Satisfacción plena en el equipo tras la victoria frente a la Real, pero impera la prudencia ante lo que se avecina No fue un viaje más. Esa es la realidad. Hacía tiempo que no se liberaba tanta tensión, que no se sucedían tantas bromas y que incluso se veía a los jugadores levantarse de sus asientos en el avión para departir con otros compañeros. El triunfo frente a la Real Sociedad ha devuelto la ilusión. Pero no solo a los aficionados. También a los propios componentes de la plantilla. Se necesitaba un triunfo así, sin apuros, para rescatar gran parte de la autoestima. Eso sí, los pies permanecen anclados al suelo. «Aún no hemos hecho nada», repetían todos los protagonistas.
El aeropuerto guipuzcoano estaba vacío a las ocho de la noche.
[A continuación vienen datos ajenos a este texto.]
-- ===== src/IpAccess/Verdict.antt =====
-- ipaccess/access.go: what a policy that was made by `NewPolicy` allows.
use shitflared.Prelude.{
  ℕ, ◌≡◌, refl, sym, ◌∙◌, ap, Bool, true, false, ◌&&◌, ◌||◌, List, [], ◌∷◌, Option, none, some,
  arith, length, ltb, ◌==◌, if◌then◌else◌, Option-cases, inl, inr,
}
use mathlib.Core.Option.{some-injective, none-ne-some}
use shitflared.Prelude.Sort.{sort_by, sort_by-SortedFrom, count, count-sort_by}
use shitflared.IpAccess.{
  IpNet, Rule, Policy, AccessError, contains, validate_rule, validate_all, new_policy, decides,
  first_decision, allowed,
}
use shitflared.IpAccess.Search.{value, is_member, search_ints-is_member}

-- What a rule says, with no search: its network has the address, and it names no ports or this one.
abbrev pub applies : Rule → List ℕ → ℕ → Bool
applies r ip port = elim r.ip_net [
  | none ↦ false
  | some net ↦ contains net ip && ((length r.ports == 0) || is_member port r.ports)
]

-- The first rule of the list, as it was given, that applies.
abbrev pub first_that_applies : List Rule → List ℕ → ℕ → Option Rule
first_that_applies [] ip port = none
first_that_applies (r ∷ rest) ip port =
    if applies r ip port then some r else first_that_applies rest ip port

abbrev pub verdict : Option Rule → Bool → Bool
verdict none default = default
verdict (some r) default = r.allow

is_member-count :
    (x : ℕ) (ports : List ℕ) → is_member x ports ≡ ltb 0 (count value (λ p. p == x) ports)
unfolding count
is_member-count x [] = ground arith
is_member-count x (p ∷ rest) = ground (arith, is_member-count x rest)

is_member-sort_by :
    (x : ℕ) (ports : List ℕ) → is_member x (sort_by (λ p. p) ports) ≡ is_member x ports
is_member-sort_by x ports =
    is_member-count x (sort_by value ports)
    ∙ (ap (ltb 0) (count-sort_by value (λ p. p == x) ports) ∙ sym (is_member-count x ports))

-- The number of ports is a count too.
length-count : (ports : List ℕ) → length ports ≡ count value (λ p. true) ports
unfolding count
length-count [] = refl
length-count (p ∷ rest) = ground (arith, length-count rest)

length-sort_by : (ports : List ℕ) → length (sort_by (λ p. p) ports) ≡ length ports
length-sort_by ports =
    length-count (sort_by value ports)
    ∙ (count-sort_by value (λ p. true) ports ∙ sym (length-count ports))

decides_fields :
    (net : Option IpNet) (ports : List ℕ) (allow : Bool) (ip : List ℕ) (port : ℕ)
    → decides (validate_rule (record { ip_net = net; ports = ports; allow = allow })).0 ip port
      ≡ applies (record { ip_net = net; ports = ports; allow = allow }) ip port
unfolding decides validate_rule
decides_fields none ports allow ip port = refl
decides_fields (some net) ports allow ip port =
    ap (λ b. contains net ip && b)
      (ap (λ b. (length (sort_by (λ p. p) ports) == 0) || b)
          (search_ints-is_member (sort_by value ports) port (sort_by-SortedFrom value ports)
            ∙ is_member-sort_by port ports)
        ∙ ap (λ n. (n == 0) || is_member port ports) (length-sort_by ports))

-- A rule that was validated decides where the rule as given applies.
decides-validate_rule :
    (r : Rule) (ip : List ℕ) (port : ℕ) → decides (validate_rule r).0 ip port ≡ applies r ip port
decides-validate_rule r ip port = decides_fields r.ip_net r.ports r.allow ip port

allow_fields :
    (net : Option IpNet) (ports : List ℕ) (allow : Bool)
    → (validate_rule (record { ip_net = net; ports = ports; allow = allow })).0.allow ≡ allow
unfolding validate_rule
allow_fields none ports allow = refl
allow_fields (some net) ports allow = refl

head_fine :
    (r : Rule) (rest : List Rule)
    → (validate_rule r).1 ≡ none
    → validate_all (r ∷ rest) ≡ ((validate_rule r).0 ∷ (validate_all rest).0, (validate_all rest).1)
unfolding validate_all
head_fine r rest fine = rw (fine, validate_all) refl

head_bad :
    (r : Rule) (rest : List Rule) (e : AccessError)
    → (validate_rule r).1 ≡ some e
    → (validate_all (r ∷ rest)).1 ≡ some e
unfolding validate_all
head_bad r rest e bad = rw (bad, validate_all) refl

first_decision-cons :
    (r : Rule) (list rest : List Rule) (ip : List ℕ) (port : ℕ) (default : Bool)
    → (first_decision list ip port default).0 ≡ verdict (first_that_applies rest ip port) default
    → (first_decision ((validate_rule r).0 ∷ list) ip port default).0
      ≡ verdict (first_that_applies (r ∷ rest) ip port) default
first_decision-cons r list rest ip port default h =
    ap (λ b. chosen b) (decides-validate_rule r ip port) ∙ cases (applies r ip port)
  where
    chosen : Bool → Bool
    chosen b =
        (if b
          then ((validate_rule r).0.allow, some (validate_rule r).0)
          else first_decision list ip port default).0

    cases :
        (b : Bool)
        → chosen b ≡ verdict (if b then some r else first_that_applies rest ip port) default
    cases true = allow_fields r.ip_net r.ports r.allow
    cases false = h

validated :
    (rules : List Rule) (ip : List ℕ) (port : ℕ) (default : Bool)
    → (validate_all rules).1 ≡ none
    → (first_decision (validate_all rules).0 ip port default).0
      ≡ verdict (first_that_applies rules ip port) default
unfolding validate_all
validated [] ip port default h = refl
validated (r ∷ rest) ip port default h = elim (Option-cases (validate_rule r).1) [
  | inr (e, bad) ↦ absurd (none-ne-some e (sym h ∙ head_bad r rest e bad))
  | inl fine ↦
      ap (λ v. (first_decision v.0 ip port default).0) (head_fine r rest fine)
      ∙ first_decision-cons r (validate_all rest).0 rest ip port default
          (validated rest ip port default (ap (λ v. v.1) (sym (head_fine r rest fine)) ∙ h))
]

-- A policy that `NewPolicy` makes allows what the first of its rules that applies to the address and
-- the port says, where a rule without ports applies to all ports; where none does it is the default.
pub allowed-new_policy :
    (default : Bool) (rules : List Rule) (policy : Policy) (ip : List ℕ) (port : ℕ)
    → new_policy default rules ≡ some policy
    → (allowed policy ip port).0 ≡ verdict (first_that_applies rules ip port) default
unfolding new_policy allowed
allowed-new_policy default rules policy ip port h = elim (Option-cases (validate_all rules).1) [
  | inr (e, bad) ↦ absurd (none-ne-some policy (sym (rw (bad, new_policy) refl) ∙ h))
  | inl fine ↦
      ap (λ p. (first_decision p.rules ip port p.default_allow).0) (sym (made fine))
      ∙ validated rules ip port default fine
]
  where
    made :
        (validate_all rules).1 ≡ none
        → record { default_allow = default; rules = (validate_all rules).0 } ≡ policy
    made fine = some-injective _ policy (sym (rw (fine, new_policy) refl) ∙ h)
Su temprana hora de cierre hizo que la expedición malaguista lo tomara, tal como había hecho con anterioridad en Anoeta. El numeroso grupo aguardó durante veinte o veinticinco minutos para el pertinente control de seguridad y el posterior embarque, así que la estampa fue opuesta a la mayoría de los viajes esta temporada. Independientemente de que el resultado pueda acarrear una valoración positiva - el empate en Villarreal, sin ir más lejos-, la escena habitual muestra a los jugadores salpicados en los asientos de la terminal, como máximo por parejas (Quincy-Sandro Silva, Manolo-Apoño, Mtiliga, Stadsgaard...). La situación no permite sonrisas.
El domingo el panorama varió radicalmente. Sonrisas, abrazos, saludos, fotos con diversos aficionados... En definitiva, esa sensación de grupo compacto y homogéneo que se vivía en los mejores tiempos de la etapa con Joaquín Peiró, cuando en el vestuario hasta se editaba una revista con los mejores comentarios del mes, con montajes fotográficos o determinados artículos periodísticos. En dos palabras, buen rollo. Por primera vez esta temporada el Málaga se comportó como un equipo en el campo, y posiblemente fue el reflejo de lo vivido durante la semana.
Sin embargo, ese buen ambiente en el grupo contrastaba con la prudencia. En las conversaciones informes, una frase escueta, con solo cinco palabras: «Aún no hemos hecho nada». Porque a pesar de las bromas en la misma terminal y luego durante el vuelo, y también de la satisfacción plena por el triunfo, la cautela ante lo que se avecina se ha instalado en el vestuario.
También se observa otra mentalidad. En otros desplazamientos el ánimo no estaba para pensar de inmediato en el próximo partido. El domingo, no. «Por fin tenemos la posibilidad de enganchar dos triunfos seguidos y esta vez sí que no vamos a fallar», explicaban algunos. Manuel Pellegrini, más relajado que nunca -siempre dentro de esa tranquilidad que emana-, incidía en la importancia de la confianza que va a dar este resultado y que debe arrinconar de una vez por todas la ansiedad que atenaza al grupo y que siempre recalca como el mal endémico del equipo.
«Aplicado»
Pellegrini, que cuarenta y cinco minutos antes había destacado «la grandeza del grupo», estaba visiblemente feliz por la actitud de los jugadores en el trabajo precisamente frente a un rival que se caracteriza por la intensidad. Incluso, ante sus más cercanos eligió un adjetivo que engloba más virtudes de lo que parece para calificar al equipo, «aplicado».
Sin duda, el triunfo ofrece una enorme confianza al equipo malaguista, pero también a Pellegrini, que en cuestión de cinco días ha salido claramente reforzado por los propietarios -que en ningún momento dudaron de su valía y su trabajo-, y esto ha derivado en que se disipe cualquier duda sobre el apoyo del vestuario. Como decía uno de los veteranos del grupo, «debemos remar en la misma dirección, porque ahora tenemos que demostrar que esto ha sido solo el principio de algo».
Por si quedara alguna duda, la plantilla dio ayer una muestra más de su unión en otro almuerzo, lo que se suma a la petición el pasado viernes de que viajara toda la plantilla (incluido Galatto, sin ficha con el equipo). El escenario elegido volvió a ser la finca La Tosca, en Churriana. Lógicamente, al contrario que la semana pasada, el ambiente fue muy distendido. Como ocurrió en el viaje de vuelta, se sucedieron las bromas e imperó la satisfacción. Pero siempre con la prudencia como bandera de este Málaga que sueña con la remontada.